I did just the other day... I actually painted the bottom of my boat...
while I had the boat off the trailer I drove it to a local Truck stop and
used their scales...
so I am curious to know what others boat weighs 
I know mine is to heavy... and the main reason for the NEW REMODEL.
my boat is a 1648 alumacraft.
my trailer is home made as well.
here are a few pics of the painting process.


----------



## tdub (Aug 22, 2010)

Alumacraft web site says my 1648 NCS runs about 260lbs.


----------



## Teammuir1 (Aug 23, 2010)

Do you have pics of your boat for comparison.
please post them


----------



## tdub (Aug 23, 2010)

Page #1 has 16 pics


----------



## rellis1962 (Aug 23, 2010)

Bracing and floor look awesome. Sometimes wish I had sprung for the aluminum floor. Going to put some not skid stuff on the floor?


----------



## mfreeman451 (Aug 24, 2010)

Wow the floor looks frickin amazing! I have the same boat and am going to do the same thing. I like how you raised up the floor ontop of the ribs like that, I was just gonna try and make a bend in the aluminum and rivet it down. The only downside I see to doing it your way though is the water might sit in your boat opposed to running down the middle to the transom.. Anyways, I love the mod and will be following this thread closely.


----------



## mfreeman451 (Aug 24, 2010)

also, I think someone else asked but I'm not sure if I saw your reply, what did you fill in the sides with around the flooring? Would the flooring be strong enough to put in pedestal bases for seating as well?


----------



## mfreeman451 (Aug 24, 2010)

You mentioned putting the gas tank up front below the deck on the bow, I assume you'd just cut out the cubby hole, make it a bit wider, and take out some of the insulation?

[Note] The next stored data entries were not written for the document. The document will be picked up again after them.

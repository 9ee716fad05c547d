-- ===== src/Mux/Breakpoint/Agreement.antt =====
-- What a `setBreakpoints` request and its answer leave in the tracker
-- (crates/protocol-mux/src/breakpoint_state.rs).
use dappy_core.Common.{
  length-append, get_elem?-middle, ℕ, String, ◌≡◌, refl, ◌∙◌, true, false, none, some, List, [],
  ◌∷◌, ◌++◌, arith, if◌then◌else◌, ◌==◌, nat_eq, string_eq, ==-refl, and_then, unwrap_or, or_else,
  is_true, is_false, length,
}
use dappy_core.Common.HashMap
use mathlib.Core.List.{append_assoc}
use dappy_core.Json.{Json}
use dappy_core.Mux.Breakpoint.Requests.{entries_at}
use dappy_core.Mux.Tracker.{
  BreakpointTracker, SourceBreakpointSpec, PendingSetBreakpoints, rebuild_source_breakpoints,
}
use dappy_core.Mux.Breakpoint.{
  text_at, i64_at, observe_set_breakpoints_response, track_set_breakpoints_request, settle,
  agreed_specs, answered_seq, response_breakpoints, resolved_path, pending_of, merge_from,
  merge_breakpoint, merge_breakpoints,
}

get-rebuild :
    (t : BreakpointTracker) (path q : String) (specs : List SourceBreakpointSpec)
    → unwrap_or (HashMap.get (rebuild_source_breakpoints t path specs).source_breakpoints q) []
      ≡ (if path == q then specs else entries_at t q)
unfolding rebuild_source_breakpoints
get-rebuild t path q [] = ground (arith, HashMap.get-remove t.source_breakpoints path q)
get-rebuild t path q (spec ∷ rest) =
    ground (arith, HashMap.get-insert t.source_breakpoints path q (spec ∷ rest))

module _ {V : Type 0} ⦃J : Json V⦄ where
  entries_at-settle :
      (t : BreakpointTracker) (message : V) (pending : PendingSetBreakpoints) (q : String)
      → entries_at (settle t message pending) q ≡ (
          if resolved_path (response_breakpoints message) pending.source_path == q
          then agreed_specs (response_breakpoints message) pending.specs
          else entries_at t q)
  unfolding settle
  entries_at-settle t message pending q =
      get-rebuild
        (record t {
          pending_set_breakpoints = HashMap.remove t.pending_set_breakpoints (answered_seq message);
        })
        _ q (agreed_specs (response_breakpoints message) pending.specs)

  settle-uses :
      (t : BreakpointTracker) (message : V) (pending : PendingSetBreakpoints)
      → (HashMap.get (settle t message pending).pending_set_breakpoints (answered_seq message)
          ≡ none)
        × ((settle t message pending).exception_breakpoints ≡ t.exception_breakpoints)
  unfolding settle rebuild_source_breakpoints
  settle-uses t message pending =
      let s = answered_seq message in
      (HashMap.get-remove t.pending_set_breakpoints s s ∙ rw (==-refl s) refl, refl)

  observe-tracked :
      (t : BreakpointTracker) (backend_seq : ℕ) (request response : V)
      → is_true (and_then (J.get response "success") J.as_bool) ≡ true
      → answered_seq response ≡ backend_seq
      → observe_set_breakpoints_response
          (track_set_breakpoints_request t backend_seq request)
          response
        ≡ settle (track_set_breakpoints_request t backend_seq request) response (pending_of request)
  unfolding observe_set_breakpoints_response track_set_breakpoints_request
  observe-tracked t backend_seq request response ok seq_ok = rw ok (
      ground (
        arith,
        HashMap.get-insert t.pending_set_breakpoints backend_seq (answered_seq response)
            (pending_of request),
      ))

  -- A successful answer to a tracked request gives the file that the adapter names the agreed
  -- entries, leaves every other file as it was, and uses the request up.
  pub set_breakpoints_agree :
      (t : BreakpointTracker) (backend_seq : ℕ) (request response : V)
      → is_true (and_then (J.get response "success") J.as_bool) ≡ true
      → answered_seq response ≡ backend_seq
      → let asked = pending_of request in
        let path = resolved_path (response_breakpoints response) asked.source_path in
        let after =
          observe_set_breakpoints_response
            (track_set_breakpoints_request t backend_seq request)
            response in
        ((q : String)
          → entries_at after q ≡ (
              if path == q
              then agreed_specs (response_breakpoints response) asked.specs
              else entries_at t q))
        × (HashMap.get after.pending_set_breakpoints backend_seq ≡ none)
        × (after.exception_breakpoints ≡ t.exception_breakpoints)
  set_breakpoints_agree t backend_seq request response ok seq_ok =
      let tracked = track_set_breakpoints_request t backend_seq request in
      let asked = pending_of request in
      rw (observe-tracked t backend_seq request response ok seq_ok) (
        (λ q.
            entries_at-settle tracked response asked q
            ∙ unfold track_set_breakpoints_request in refl),
        rw seq_ok at (settle-uses tracked response asked).0,
        (settle-uses tracked response asked).1 ∙ unfold track_set_breakpoints_request in refl,
      )

  -- An answer that echoes a specification: it does not refuse it, and holds no other value.
  pub record Echoes (bp : V) (spec : SourceBreakpointSpec) : Type 0 where
    pub accepted : is_false (and_then (J.get bp "verified") J.as_bool) ≡ false
    pub same_line : or_else (i64_at bp "line") (some spec.line) ≡ some spec.line
    pub same_condition : or_else (text_at bp "condition") spec.condition ≡ spec.condition
    pub same_hit : or_else (text_at bp "hitCondition") spec.hit_condition ≡ spec.hit_condition
    pub same_log : or_else (text_at bp "logMessage") spec.log_message ≡ spec.log_message

  abbrev pub AllEcho : List V → List SourceBreakpointSpec → Type 0
  AllEcho [] [] = Unit
  AllEcho [] (spec ∷ specs) = ⊥
  AllEcho (bp ∷ bps) [] = ⊥
  AllEcho (bp ∷ bps) (spec ∷ specs) = Echoes bp spec × AllEcho bps specs

  merge_breakpoint-Echoes :
      (bp : V) (spec : SourceBreakpointSpec)
      → Echoes bp spec
      → merge_breakpoint bp (some spec) ≡ some spec
  unfolding merge_breakpoint
  merge_breakpoint-Echoes bp spec e =
      rw (e.accepted, e.same_line, e.same_condition, e.same_hit, e.same_log) refl

  merge_from-AllEcho :
      (done specs : List SourceBreakpointSpec) (bps : List V)
      → AllEcho bps specs
      → merge_from (length done) bps (done ++ specs) ≡ specs
  unfolding merge_from
  merge_from-AllEcho done [] [] h = refl
  merge_from-AllEcho done (spec ∷ specs) [] h = absurd h
  merge_from-AllEcho done [] (bp ∷ bps) h = absurd h
  merge_from-AllEcho done (spec ∷ specs) (bp ∷ bps) h = ground (
    arith,
    get_elem?-middle done specs spec,
    merge_breakpoint-Echoes bp spec h.0,
    merge_from-AllEcho (done ++ spec ∷ []) specs bps h.1,
    append_assoc done (spec ∷ []) specs,
    length-append done (spec ∷ []),
  )

  -- An answer that echoes every specification of the request leaves them all, in order.
  pub merge_breakpoints-AllEcho :
      (bps : List V) (specs : List SourceBreakpointSpec)
      → AllEcho bps specs
      → merge_breakpoints bps specs ≡ specs
  unfolding merge_breakpoints
  merge_breakpoints-AllEcho [] specs h = refl
  merge_breakpoints-AllEcho (bp ∷ bps) specs h = merge_from-AllEcho [] specs (bp ∷ bps) h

I was thinking of doing this myself since I am going to put a longtail mudbuddy on my MV1648NCS but I read another post on here saying that it might not be a good idea. What were your thoughts?


----------



## caver101 (Aug 24, 2010)

Not the original poster, but..... I have about the same boat. I put my tolling motor battery up front under the deck. I just opened up the access hole a tad with a jig saw and slid my battery and battery box in there. Sure helped with balance in the boat a lot to get it out of the rear of the boat. Thinking of putting my gas tank up there too. Just make a small box to the right of the access hole to slide the tank in and hold it in place with a rubber strap. Would be easy to remove to add fuel.


----------



## Teammuir1 (Aug 24, 2010)

My gas tank is in the rear.. but both of my batteries are up front.
my boat set up differently than I think most though.
can everyone post pictures of their boats?


----------



## tdub (Aug 24, 2010)

As far as water collecting on the floor I left a 1/2" gap between the end of the sheet and the rear seats so the water had somewhere to go. Water runs into the gap and to the back of the boat, I also installed a bilge pump just incase. The filler pieces for the sides of the sheet are made from 1 1/2" wide aluminum, I just cut each one to fit, rivited them in and cauked around them. Moving the tank and battery is next, still thinking about how to do it. I thought about extending the front deck 15" or so and adding a hinge amost as wide as the boat. It would be one big storage compartment.


----------



## mfreeman451 (Aug 30, 2010)

did you weld those pieces of alum. in that hold up the c-channel over the ribs, to the floor?


----------



## Teammuir1 (Aug 30, 2010)

Pictures tell everything...
come on.. guys.. post pictures....
thats how we all learn....
I am going to a total remodel this 
winter.... along with another motor....
I think It will feel like a brand new boat 
next spring....


----------



## mfreeman451 (Aug 30, 2010)

It kind of looks like they are welded but I wanted to be sure. I am copying this design to the T


----------



## Alumacraft (Aug 30, 2010)

I have a 1236 lund jon boat.

I was wondering what is the thinnest aluminum I could get away with? the ribs are 15" apart. 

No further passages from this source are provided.